NAACP leader Medgar Evers heard of the verdict and told a reporter Kennard’s conviction was “a mockery of justice” for which Evers was arrested, charged with contempt and sentenced to thirty days in jail. The Supreme Court later overturned the conviction. But Kennard was literally beaten and worked to death at Parchman and after becoming seriously ill, he was diagnosed with cancer by the University of Mississippi Hospital.

Returned to Parchman, Kennard was dragged out to work in the fields each day despite his growing weakness. Prison authorities canceled his appointment for a medical checkup and he was not allowed to see his lawyer, Jess Brown. The Jackson attorney asked to receive Kennard’s medical reports but never got them. Tougaloo students mobilized to try and free Kennard, a friend of one of their instructors.

The story was picked up nationally as Dick Gregory and Dr. Martin Luther King demanded Kennard’s release. Finally, in 1963, Governor Barnett ordered Kennard’s release, concerned over potential bad publicity for the state if Kennard died at Parchman. Kennard underwent surgery in Chicago and soon died at Billings Hospital, shortly after he was paroled.

Was it an administrative oversight? Or was it deliberate negligence because of his connection with school integration? These questions, asked by Kennard’s attorney, were never answered. “No one can say for sure. You have to draw your own conclusions,” Jess Brown said.
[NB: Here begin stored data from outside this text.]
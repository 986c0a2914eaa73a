-- ===== src/RangePartition/Flusher.antt =====
-- rangepartition/range_rangepartition.go, `flushMemtable` and `handleFlushTask`: memtables become tables.
use autumn.Prelude.{ℕ, ◌==◌, Option, none, some, List, [], ◌∷◌, ◌++◌, if◌then◌else◌}
use autumn.Prelude.Outcome.{Outcome, ok, err, panic, failed, ◌>>=◌}
use autumn.RangePartition.Storage.{Skiplists, Tables, Logs}
use autumn.RangePartition.Partition.{FlushTask, RangePartition}

module _ (K : Skiplists) (T : Tables K) (L : Logs) where
  -- The channel gives its first task to a flusher that has none.
  abbrev pub next_task :
      Option (FlushTask K T L)
      → List (FlushTask K T L)
      → Option (FlushTask K T L) × List (FlushTask K T L)
  next_task (some ft) fts = (some ft, fts)
  next_task none [] = (none, [])
  next_task none (ft ∷ fts) = (some ft, fts)

  unfoldable pub receive : RangePartition K T L → RangePartition K T L
  receive rp =
      let (in_flight, fts) = next_task rp.in_flight rp.flush_chan in
      record rp { in_flight = in_flight; flush_chan = fts }

  abbrev pub add_table : RangePartition K T L → Option T.Table → Outcome (RangePartition K T L)
  add_table rp none = err failed
  add_table rp (some t) = ok (record rp { tables = rp.tables ++ (t ∷ []) })

  unfoldable pub handle_flush_task :
      ℕ → FlushTask K T L → RangePartition K T L → Outcome (RangePartition K T L)
  handle_flush_task attempt ft rp =
      if K.is_empty ft.mt.skiplist
      then ok rp
      else add_table rp (T.build attempt ft.mt.skiplist ft.vptr ft.seq_num)

  -- `utils.AssertTrue(ft.mt == rp.imm[0])` and `rp.imm = rp.imm[1:]`
  unfoldable pub drop_imm : FlushTask K T L → RangePartition K T L → Outcome (RangePartition K T L)
  drop_imm ft rp = if ft.is_compact then ok rp else elim rp.imm [
    | [] ↦ panic
    | m ∷ ms ↦ if ft.mt.id == m.id then ok (record rp { imm = ms }) else panic
  ]

  -- `updateTableLocs`, which tries until the manager has taken the places.
  abbrev pub saved_after : List T.Table → List T.Table → List T.Table
  saved_after saved [] = saved
  saved_after saved (t ∷ ts) = t ∷ ts

  unfoldable pub update_table_locs : RangePartition K T L → RangePartition K T L
  update_table_locs rp = record rp { saved = saved_after rp.saved rp.tables }

  -- One attempt at the received task: an error leaves it to the next attempt.
  unfoldable pub settle :
      FlushTask K T L
      → RangePartition K T L
      → Outcome (RangePartition K T L)
      → Outcome (RangePartition K T L)
  unfolding drop_imm update_table_locs
  settle ft rp (err e) = ok rp
  settle ft rp panic = panic
  settle ft rp (ok rp') =
      drop_imm ft rp' >>= λ dropped. ok (update_table_locs (record dropped { in_flight = none }))

  unfoldable pub attempt_task :
      ℕ → Option (FlushTask K T L) → RangePartition K T L → Outcome (RangePartition K T L)
  unfolding handle_flush_task settle
  attempt_task attempt none rp = ok rp
  attempt_task attempt (some ft) rp = settle ft rp (handle_flush_task attempt ft rp)

  unfoldable pub flush_attempt : ℕ → RangePartition K T L → Outcome (RangePartition K T L)
  unfolding attempt_task
  flush_attempt attempt rp = attempt_task attempt rp.in_flight rp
Clyde Kennard died at the age of thirty-six on July 4, 1963.

Footnote: In one 1959 memorandum found in Mississippi Sovereignty Commission files, commission investigator Zack VanLandingham tells of a conversation he had with a Hattiesburg lawyer, Dudley Connor, about Kennard in the late 1950s.

"If the Sovereignty Commission wanted that Negro out of the community and out of the state they would take care of the situation," VanLandingham quoted Connor as saying. "And when asked what he meant by that, Connor stated that Kennard's carcould be hit by a train or he could have some accident on the highway and nobody would ever know the difference."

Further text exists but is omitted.